ANZ’s own entry into the Pacific region dates back to 16 December 1880 when the Union Bank of Australia (est.1837) opened a branch in the old capital of Fiji, Levuka. However, the bank closed the branch in 1895. In 1951, Union Bank’s successor, ANZ, returned to Fiji with a representative office that it upgraded to a branch.

In 1985, ANZ acquired Barclays Bank’s operations, which Barclays had established in 1973. In 2001, ANZ bought Bank of Hawaii’s Bankoh subsidiary, which had three branches throughout Fiji. Bankoh had entered the Fijian banking market in 1993.

In February 2017, ANZ Fiji appointed Saud Abdul Minam as CEO of ANZ Fiji. Previously, Saud Abdul Minam served as Head of Commercial, Pacific at Australia & New Zealand Banking Group Limited. During his tenure as Head of Commercial, ANZ has announced free access to its internet banking platform and website for Vodafone Fiji users.

In December 2021, ANZ Fiji appointed Viniana Uluiviti as Chief Operating Officer. Uluiviti had previously held several senior positions within ANZ, including Head of Transaction Banking Operations and International Payments Manager.

In late December 2024 and early January 2025, ANZ Fiji experienced a three-day payment system outage that disrupted customer transactions. The issue began on 30 December and was resolved on 2 January 2025, after which normal payment processing resumed. The bank stated that the disruption was caused by a complex technical issue and acknowledged the impact on customers.
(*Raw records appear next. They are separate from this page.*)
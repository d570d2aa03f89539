-- ===== src/Executor/Replay.antt =====
-- Past and new events are processed alike: a history counts only as a whole.
use durabletask_rs.Prelude.{
  ◌≡◌, refl, sym, ◌∙◌, String, Bool, true, false, Option, none, some, List, [], ◌∷◌, ◌++◌, arith,
}
use durabletask_rs.Prelude.Outcome.{Outcome, returns, panics, ◌>>=◌, bind_assoc}
use durabletask_rs.Prelude.Result.{Result, ok}
use durabletask_rs.Proto.{
  Timestamp, HistoryEvent, OrchestratorAction, EventType, orchestrator_started,
}
use durabletask_rs.Types.Context.{Host}
use durabletask_rs.Registry.{Registry}
use durabletask_rs.Executor.Context.{
  OrchestrationExecutorContext, new_executor_context, get_actions,
}
use durabletask_rs.Executor.Event.{process_event, process_type}
use durabletask_rs.Executor.Marked.{
  marked, Ignores, AllIgnore, process_type-Ignores, process_events-Ignores,
}
use durabletask_rs.Executor.Execute.{round, process_events, execute}

bind-ext :
    {A B : Type 0} (m : Outcome A) {f g : A → Outcome B}
    → ((a : A) → f a ≡ g a)
    → (m >>= f) ≡ (m >>= g)
bind-ext (returns a) h = h a
bind-ext (panics p) h = refl

-- The time as it is.
abbrev same : Timestamp → Timestamp
same t = t

module _ {Chan Act : Type 0} (host : Host Chan) (registry : Registry Act) (id : String) where
  -- No event reads or changes `is_replaying`.
  process_event-Ignores :
      (b : Bool) (event : HistoryEvent)
      → Ignores (λ _. b) same (process_event host registry id event)
  unfolding process_event process_type
  process_event-Ignores b event ctx = go event.event_type
    where
      go :
          (u : Option EventType)
          → (elim u [
            | none ↦ returns (marked (λ _. b) same ctx)
            | some v ↦ process_type host registry id event v (marked (λ _. b) same ctx)
          ])
            ≡ ((elim u [ none ↦ returns ctx | some v ↦ process_type host registry id event v ctx ])
                >>= λ c. returns (marked (λ _. b) same c))
      go none = refl
      go (some orchestrator_started) = ground arith
      go (some v) = process_type-Ignores (λ _. b) same host registry id event v tt ctx

  all_ignore :
      (b : Bool) (events : List HistoryEvent) → AllIgnore (λ _. b) same host registry id events
  all_ignore b [] = tt
  all_ignore b (e ∷ es) = (process_event-Ignores b e, all_ignore b es)

  process_events-replaying :
      (b : Bool) (events : List HistoryEvent)
      → Ignores (λ _. b) same (process_events host registry id events)
  process_events-replaying b events =
      process_events-Ignores (λ _. b) same host registry id events (all_ignore b events)

  pub process_events-append :
      (es fs : List HistoryEvent) (ctx : OrchestrationExecutorContext Chan)
      → process_events host registry id (es ++ fs) ctx
        ≡ (process_events host registry id es ctx >>= process_events host registry id fs)
  unfolding process_events
  process_events-append [] fs ctx = refl
  process_events-append (e ∷ es) fs ctx =
      bind-ext (round host registry id e ctx) (process_events-append es fs)
      ∙ sym (bind_assoc (round host registry id e ctx) _ _)

  abbrev actions_after :
      List HistoryEvent
      → OrchestrationExecutorContext Chan
      → Outcome (Result String (List OrchestratorAction))
  actions_after events ctx =
      process_events host registry id events ctx >>= λ c. returns (ok (get_actions c))

  actions_after-replaying :
      (events : List HistoryEvent) (b : Bool) (ctx : OrchestrationExecutorContext Chan)
      → actions_after events (marked (λ _. b) same ctx) ≡ actions_after events ctx
  unfolding get_actions
  actions_after-replaying events b ctx =
      rw (process_events-replaying b events ctx)
        (bind_assoc (process_events host registry id events ctx) _ _)

  -- The answer depends on the past and the new events only through the history that they make
  -- together: where the sidecar cuts a history, and that the past is replayed, changes neither the
  -- actions nor whether the executor panics.
  pub execute-append :
      (old_events new_events : List HistoryEvent)
      → execute host registry id old_events new_events
        ≡ execute host registry id [] (old_events ++ new_events)
  unfolding execute
  execute-append old_events new_events =
      rw
        (
          process_events-replaying true old_events start,
          process_events-append old_events new_events start,
        )
        (bind_assoc (process_events host registry id old_events start) _ _
          ∙ bind-ext (process_events host registry id old_events start)
              (actions_after-replaying new_events false)
          ∙ sym (bind_assoc (process_events host registry id old_events start) _ _))
    where
      start : OrchestrationExecutorContext Chan
      start = new_executor_context
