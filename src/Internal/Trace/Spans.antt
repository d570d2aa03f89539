-- ===== src/Internal/Trace/Spans.antt =====
-- The spans that internal.rs starts. OpenTelemetry's tracer and the clock are parameters.
use Prim.Native.String.{◌++◌}
use durabletask_rs.Prelude.{◌+◌, String, List, [], ◌∷◌, if◌then◌else◌, ◌==◌, string_eq}
use mathlib.Core.List.{◌++◌ as append}
use durabletask_rs.Prelude.Int.{ℤ, pos, negsuc}
use durabletask_rs.Prelude.Decimal.{to_string}
use durabletask_rs.Prelude.Outcome.{Outcome, returns, ◌>>=◌, unwrap}
use durabletask_rs.Proto.{ExecutionStartedEvent, TimerFiredEvent}

-- `opentelemetry::Value`, in the two forms that the code makes.
pub data Value : Type 0 where
  text : String → Value
  number : ℤ → Value

pub record KeyValue : Type 0 where
  pub key : String
  pub value : Value

pub data SpanKind : Type 0 where
  client server internal : SpanKind

-- What is set on a `SpanBuilder`.
pub record SpanBuilder (SystemTime : Type 0) : Type 0 where
  pub name : String
  pub kind : SpanKind
  pub start_timestamp : SystemTime
  pub attributes : List KeyValue

pub record Tracer (Context Span SystemTime : Type 0) : Type 0 where
  pub start_with_context : SpanBuilder SystemTime → Context → Span
  pub end_span : Span → Span
  -- `SystemTime::now`
  pub now : SystemTime

abbrev key_value : String → String → KeyValue
key_value key value = record { key = key; value = text value }

-- `to_string` of an `i32`
abbrev pub i32_to_string : ℤ → String
i32_to_string (pos n) = to_string n
i32_to_string (negsuc n) = "-" ++ to_string (n + 1)

unfoldable pub span_name_of : String → String → String → String
span_name_of task_type task_name task_version =
    if task_version == ""
    then if task_name == "" then task_type else task_type ++ ("||" ++ task_name)
    else task_type ++ ("||" ++ (task_name ++ ("||" ++ task_version)))

unfoldable pub span_attributes_of : String → List KeyValue → List KeyValue
span_attributes_of task_version attributes =
    if task_version == ""
    then attributes
    else append attributes (key_value "durabletask.task.version" task_version ∷ [])

module _ {Context Span SystemTime : Type 0} (tracer : Tracer Context Span SystemTime) where
  unfoldable pub start_new_span :
      Context → String → String → String → List KeyValue → SpanKind → SystemTime → Span
  unfolding span_name_of span_attributes_of
  start_new_span ctx task_type task_name task_version attributes kind timestamp =
      tracer.start_with_context
        (record {
          name = span_name_of task_type task_name task_version;
          kind = kind;
          start_timestamp = timestamp;
          attributes = span_attributes_of task_version attributes;
        })
        ctx

  unfoldable pub start_new_create_orchestration_span : Context → String → String → String → Span
  unfolding start_new_span
  start_new_create_orchestration_span ctx name version instance_id =
      start_new_span ctx "create_orchestration" name version
        (key_value "durabletask.type" "orchestration"
          ∷ key_value "durabletask.task.name" name
          ∷ key_value "durabletask.task.instance_id" instance_id
          ∷ [])
        client tracer.now

  unfoldable pub start_new_run_orchestration_span :
      Context → ExecutionStartedEvent → SystemTime → Outcome Span
  unfolding start_new_span
  start_new_run_orchestration_span ctx es started_time = do
    inst ← unwrap es.orchestration_instance
    version ← unwrap es.version
    returns (
        start_new_span ctx "orchestration" es.name version
          (key_value "durabletask.type" "orchestration"
            ∷ key_value "durabletask.task.name" es.name
            ∷ key_value "durabletask.task.instance_id" inst.instance_id
            ∷ [])
          server started_time)

  unfoldable pub start_new_activity_span : Context → String → String → String → ℤ → Span
  unfolding start_new_span to_string
  start_new_activity_span ctx name version instance_id task_id =
      start_new_span ctx "activity" name version
        (key_value "durabletask.type" "activity"
          ∷ key_value "durabletask.task.name" name
          ∷ key_value "durabletask.task.task_id" (i32_to_string task_id)
          ∷ key_value "durabletask.task.instance_id" instance_id
          ∷ [])
        server tracer.now

  -- The span that was ended; its function's result is always `Ok(())`.
  unfoldable pub start_and_end_new_timer_span :
      Context → TimerFiredEvent → SystemTime → String → Outcome Span
  unfolding start_new_span to_string
  start_and_end_new_timer_span ctx tf created_time instance_id = do
    fire_at ← unwrap tf.fire_at
    returns (
        tracer.end_span (
          start_new_span ctx "timer" "" ""
            (key_value "durabletask.type" "timer"
              ∷ record { key = "durabletask.fire_at"; value = number fire_at.seconds }
              ∷ key_value "durabletask.task.task_id" (i32_to_string tf.timer_id)
              ∷ key_value "durabletask.task.instance_id" instance_id
              ∷ [])
            internal created_time))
In February 2026, ANZ announced the appointment of Sohaib Mahmood as Country Head for Fiji, subject to regulatory approval. Mahmood assumed the role alongside his existing position as Head of Commercial Banking, Pacific, and has lived and worked in the region since 2013. At the same time, ANZ announced that outgoing Country Head Rabih Yazbek would transition to a new role as Head of Client Coverage for the United Kingdom and Europe.

==Sources==
- Butlin, S. J. 1961. Australia and New Zealand Bank: The Bank of Australasia and the Union Bank of Australia Limited, 1828-1951. London: Longmans, p. 207.
- Chappell, N.M. 1961. New Zealand Banker’s Hundred: A History of the Bank of New Zealand, 1861-1961. Wellington: Bank of New Zealand.
- Narube, S. and B.T. Whiteside. 1985. "Financial Institutions and Markets in Fiji". In M. T. Skully, ed. Financial Institutions and Markets in the Southwest Pacific. London: Macmillan Press.